SoundHound AI (SOUN) put on a clinic in 2024. It went from penny stock territory to market darling, gaining 1,024% in just one year. SOUN shares tripled in December alone.
The conversational AI tech stock's performance so far this year has been underwhelming. Its stock is down 20% in 2025 and off some 36% from its all-time high. While it regained some lost territory from recent lows, Wall Street doesn't quite buy into SoundHound being a phoenix and rising from its ashes.
While the consensus price target implies it will lose another 22% this year and one analyst foresees SOUN plunging as much as 44% from its current level. Does Wall Street have it wrong, and SoundHound AI is ready for another leg up, or is this stock doomed to crash?

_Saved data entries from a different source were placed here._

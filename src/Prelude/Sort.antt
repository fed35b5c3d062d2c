-- ===== src/Prelude/Sort.antt =====
-- `sort.Slice`, as an insertion sort. Go leaves open how items are ordered that the comparison does
-- not tell apart.
use Prim.Native.Nat.{suc}
use mathlib.Core.List.Perm
use mathlib.Core.Path.{◌≡◌, refl, sym, ap, ◌∙◌}
use mathlib.Core.Logic.{inl, inr}
use mathlib.Core.Bool.{Bool, true, false}
use mathlib.Core.List.{List, [], ◌∷◌, Perm, foldr}
use native.Mathlib.Omega.{arith}
use xgc_agent.Prelude.Tests.{if◌then◌else◌, Bool-cases}
use xgc_agent.Prelude.Lists.{All, length}

module _ {ℓ} {A : Type ℓ} (less : A → A → Bool) where
  unfoldable pub insert_sorted : A → List A → List A
  insert_sorted x [] = x ∷ []
  insert_sorted x (y ∷ ys) =
      let further = insert_sorted x ys in if less y x then y ∷ further else x ∷ y ∷ ys

  unfoldable pub sort : List A → List A
  unfolding insert_sorted
  sort [] = []
  sort (x ∷ xs) = insert_sorted x (sort xs)

  -- No item stands directly before one that is less.
  abbrev pub IsSorted : List A → Type 0
  IsSorted [] = Unit
  IsSorted (x ∷ []) = Unit
  IsSorted (x ∷ y ∷ ys) = (less y x ≡ false) × IsSorted (y ∷ ys)

  sort-foldr : (xs : List A) → sort xs ≡ foldr insert_sorted [] xs
  unfolding sort
  sort-foldr [] = refl
  sort-foldr (x ∷ xs) = ap (insert_sorted x) (sort-foldr xs)

  length-insert_sorted : (x : A) (ys : List A) → length (insert_sorted x ys) ≡ suc (length ys)
  unfolding insert_sorted
  length-insert_sorted x [] = refl
  length-insert_sorted x (y ∷ ys) = ground (arith, length-insert_sorted x ys)

  pub length-sort : (xs : List A) → length (sort xs) ≡ length xs
  unfolding sort
  length-sort [] = refl
  length-sort (x ∷ xs) = length-insert_sorted x (sort xs) ∙ ap suc (length-sort xs)

  insert_sorted-perm : (x : A) (ys : List A) → Perm (insert_sorted x ys) (x ∷ ys)
  unfolding insert_sorted
  insert_sorted-perm x [] = Perm.refl (x ∷ [])
  insert_sorted-perm x (y ∷ ys) = elim (Bool-cases (less y x)) [
    | inl before ↦ rw before (Perm.trans (Perm.cons y (insert_sorted-perm x ys)) (Perm.swap x y ys))
    | inr here ↦ rw here (Perm.refl (x ∷ y ∷ ys))
  ]

  pub sort-perm : (xs : List A) → Perm (sort xs) xs
  unfolding sort
  sort-perm [] = Perm.refl []
  sort-perm (x ∷ xs) = Perm.trans (insert_sorted-perm x (sort xs)) (Perm.cons x (sort-perm xs))

  module _ (asym : (x y : A) → less x y ≡ true → less y x ≡ false) where
    insert_sorted-IsSorted : (x : A) (ys : List A) → IsSorted ys → IsSorted (insert_sorted x ys)
    unfolding insert_sorted
    insert_sorted-IsSorted x [] h = tt
    insert_sorted-IsSorted x (y ∷ []) h = ground (arith, asym y x)
    insert_sorted-IsSorted x (y ∷ z ∷ zs) h =
        ground (arith, asym y x, insert_sorted-IsSorted x (z ∷ zs) h.1)

    pub sort-IsSorted : (xs : List A) → IsSorted (sort xs)
    unfolding sort
    sort-IsSorted [] = tt
    sort-IsSorted (x ∷ xs) = insert_sorted-IsSorted x (sort xs) (sort-IsSorted xs)

  insert_sorted-All {κ} :
      (P : A → Type κ) (x : A) (ys : List A) → P x → All P ys → All P (insert_sorted x ys)
  unfolding insert_sorted
  insert_sorted-All P x [] px h = (px, tt)
  insert_sorted-All P x (y ∷ ys) px h = ground (arith, insert_sorted-All P x ys px h.1)

  pub sort-All {κ} : (P : A → Type κ) (xs : List A) → All P xs → All P (sort xs)
  unfolding sort
  sort-All P [] h = tt
  sort-All P (x ∷ xs) h = insert_sorted-All P x (sort xs) h.0 (sort-All P xs h.1)

  module _ (asym : (x y : A) → less x y ≡ true → less y x ≡ false)
      (trans : (x y z : A) → less x y ≡ false → less y z ≡ false → less x z ≡ false)
      (antisym : (x y : A) → less x y ≡ false → less y x ≡ false → x ≡ y) where
    insert_sorted_comm :
        (x y : A) (zs : List A)
        → insert_sorted x (insert_sorted y zs) ≡ insert_sorted y (insert_sorted x zs)
    unfolding insert_sorted
    insert_sorted_comm x y [] = ground (arith, asym x y, asym y x, antisym x y)
    insert_sorted_comm x y (z ∷ zs) = ground (
      arith,
      insert_sorted_comm x y zs,
      asym x y,
      asym y x,
      antisym x y,
      trans x y z,
      trans y x z,
      trans x z y,
      trans y z x,
      asym z x,
      asym z y,
    )

    -- The order of what is sorted does not matter, when items that neither precedes are equal.
    pub sort-Perm : IsSet A → {xs ys : List A} → Perm xs ys → sort xs ≡ sort ys
    sort-Perm A_set {xs} {ys} p =
        sort-foldr xs
        ∙ Perm.foldr-eq (hlevel A_set) insert_sorted insert_sorted_comm p []
        ∙ sym (sort-foldr ys)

Best-known for its music identification app, SoundHound's natural language AI technology is finding a home in numerous real-world applications. From SiriusXM Holdings (SIRI) Pandora streaming music service to automotive giant Stellantis (STLA), SoundHound's technology is being incorporated into their products. Its technology powering voice assistants, smart devices, and enterprise platforms.

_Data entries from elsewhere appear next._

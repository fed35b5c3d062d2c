-- ===== src/Prelude/Text.antt =====
-- The functions of Go's `strings` and of its built-in text operations that the program calls.
-- A text is a list of code points, so texts that are not valid UTF-8 are not modelled.
use Prim.Native.Nat.{ℕ, zero, suc, ◌/◌, ◌%◌}
use Prim.Native.Char.{code}
use Prim.Native.String.{String, [], ◌∷◌, ◌++◌}
use mathlib.Core.Path.{◌≡◌, refl, ap₂}
use mathlib.Core.Logic.{inl, inr}
use mathlib.Core.Bool.{Bool, true, false, ◌&&◌, ◌||◌}
use native.Mathlib.Omega.{arith}
use text.Mathlib.Text.{◌==◌ as str_eq}
use text.Mathlib.TextEquality.{IsScalar-prop, Char-path}
use xgc_agent.Prelude.Tests.{ltb, leb, ◌==◌, if◌then◌else◌, Bool-cases}

-- `unicode.IsSpace`
unfoldable pub is_space : ℕ → Bool
is_space c =
    (leb 9 c && leb c 13)
    || c == 32
    || c == 0x85
    || c == 0xa0
    || c == 0x1680
    || (leb 0x2000 c && leb c 0x200a)
    || c == 0x2028
    || c == 0x2029
    || c == 0x202f
    || c == 0x205f
    || c == 0x3000

-- `strings.TrimLeftFunc(s, unicode.IsSpace)`
unfoldable pub trim_left : String → String
trim_left [] = []
trim_left (c ∷ s) = let rest = trim_left s in if is_space (code c) then rest else c ∷ s

-- `strings.TrimRightFunc(s, unicode.IsSpace)`
unfoldable pub trim_right : String → String
trim_right [] = []
trim_right (c ∷ s) =
    let rest = trim_right s in if is_space (code c) && str_eq rest "" then [] else c ∷ rest

-- `strings.TrimSpace`
unfoldable pub trim_space : String → String
trim_space s = trim_right (trim_left s)

pub trim_left_idem : (s : String) → trim_left (trim_left s) ≡ trim_left s
unfolding trim_left
trim_left_idem [] = refl
trim_left_idem (c ∷ s) = ground (arith, trim_left_idem s)

pub trim_right_idem : (s : String) → trim_right (trim_right s) ≡ trim_right s
unfolding trim_right
trim_right_idem [] = refl
trim_right_idem (c ∷ s) = elim (Bool-cases (is_space (code c) && str_eq (trim_right s) "")) [
  | inl cut ↦ rw cut
  | inr kept ↦ rw kept (rw (trim_right_idem s) (rw kept))
]

-- A text with no space in front has none after its end is cut.
trim_left-trim_right-trim_left :
    (s : String) → trim_left (trim_right (trim_left s)) ≡ trim_right (trim_left s)
unfolding trim_left trim_right
trim_left-trim_right-trim_left [] = refl
trim_left-trim_right-trim_left (c ∷ s) = elim (Bool-cases (is_space (code c))) [
  | inl space ↦ rw space (trim_left-trim_right-trim_left s)
  | inr other ↦ rw other (rw other (rw other))
]

-- A text that is trimmed stays as it is when it is trimmed again.
pub trim_space_idem : (s : String) → trim_space (trim_space s) ≡ trim_space s
unfolding trim_space
trim_space_idem s = rw (trim_left-trim_right-trim_left s) (trim_right_idem (trim_left s))

-- `s < t` of two texts: by the first code point that differs, which is Go's order of the bytes.
unfoldable pub before : String → String → Bool
before s [] = false
before [] (d ∷ t) = true
before (c ∷ s) (d ∷ t) =
    let rest = before s t in if code c == code d then rest else ltb (code c) (code d)

pub before_asym : (s t : String) → before s t ≡ true → before t s ≡ false
unfolding before
before_asym s [] h = ground arith
before_asym [] (d ∷ t) h = refl
before_asym (c ∷ s) (d ∷ t) h = ground (arith, before_asym s t)

unfoldable pub digit : ℕ → String
digit zero = "0"
digit (suc zero) = "1"
digit (suc (suc zero)) = "2"
digit (suc (suc (suc zero))) = "3"
digit (suc (suc (suc (suc zero)))) = "4"
digit (suc (suc (suc (suc (suc zero))))) = "5"
digit (suc (suc (suc (suc (suc (suc zero)))))) = "6"
digit (suc (suc (suc (suc (suc (suc (suc zero))))))) = "7"
digit (suc (suc (suc (suc (suc (suc (suc (suc zero)))))))) = "8"
digit _ = "9"

unfoldable pub decimal_from : ℕ → ℕ → String
unfolding digit
decimal_from zero n = digit n
decimal_from (suc f) n =
    let front = decimal_from f (n / 10) in if ltb n 10 then digit n else front ++ digit (n % 10)

-- `fmt.Sprintf("%d", n)` of a number that is not negative. The fuel `n` is enough, since each round
-- divides by ten.
unfoldable pub decimal : ℕ → String
unfolding decimal_from
decimal n = decimal_from n n

decimal_example : decimal 1207 ≡ "1207"
unfolding decimal
decimal_example = refl

pub String-IsSet : IsSet String
String-IsSet = hlevel IsScalar-prop

pub before_trans : (s t u : String) → before s t ≡ false → before t u ≡ false → before s u ≡ false
unfolding before
before_trans s t [] h k = ground arith
before_trans [] [] (e ∷ u) h k = k
before_trans [] (d ∷ t) (e ∷ u) h k = cc
before_trans (c ∷ s) [] (e ∷ u) h k = cc
before_trans (c ∷ s) (d ∷ t) (e ∷ u) h k = ground (arith, before_trans s t u)

pub before_antisym : (s t : String) → before s t ≡ false → before t s ≡ false → s ≡ t
unfolding before
before_antisym [] [] h k = refl
before_antisym [] (d ∷ t) h k = cc
before_antisym (c ∷ s) [] h k = cc
before_antisym (c ∷ s) (d ∷ t) h k =
    let same : code c ≡ code d = ground arith in
    ap₂ ◌∷◌ (Char-path c d same) (before_antisym s t (ground arith) (ground arith))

That is showing up in SoundHound's financials. Third-quarter revenue jumped 89% from the year-ago period to $25.1 million as it diversified its customer base away from one customer accounting for 72% of revenue to 12% today.
Depending upon who is counting, the global market for voice and speech recognition technology will grow at a speedy 14.6% compound annual growth between now and 2030. Speech recognition will account for two-thirds of the increase.
Despite a leading position in the space, there are troubling warning signs too.
SoundHound AI has never been profitable. Since its founding in 2005, the voice recognition company has yet to find the magic formula for producing profits and the situation is worsening. Despite a rapid rise in sales, adjusted losses widened to $15 million, from $13 million in the year-ago period while adjusted EBITDA losses more than doubled to $15.9 million from $7.3 million. Operating losses also doubled year-over year.
Much of the gains SOUN stock gained last month were likely the result of a short squeeze. Over 27% of its float was sold short in mid-November and short-sellers are still betting heavily against it with nearly a quarter of its shares outstanding sold short.
The market wasn't enthused about its new technology offerings unveiled at the Consumer Electronics Show earlier this month. Rather than something revolutionary, it debuted an in-vehicle voice assistant to let you order takeout for pick-up from the car. It didn't move the ball very far down the field.
Ladenburg Thalmann analyst Glenn Mattson downgraded SOUN stock from buy to neutral while maintaining a $7 per share one-year price target. Based on SoundHound's price melt-up, coupled with larger than expected losses, he thinks the stock is significantly overvalued.
SOUN is still feeling the effects from a string of acquisitions it made over the past year, the latest being Amelia AI in August. While they could position it for future growth and expand into new verticals, they are hurting margins and profitably, and don't justify SoundHound AI's premium.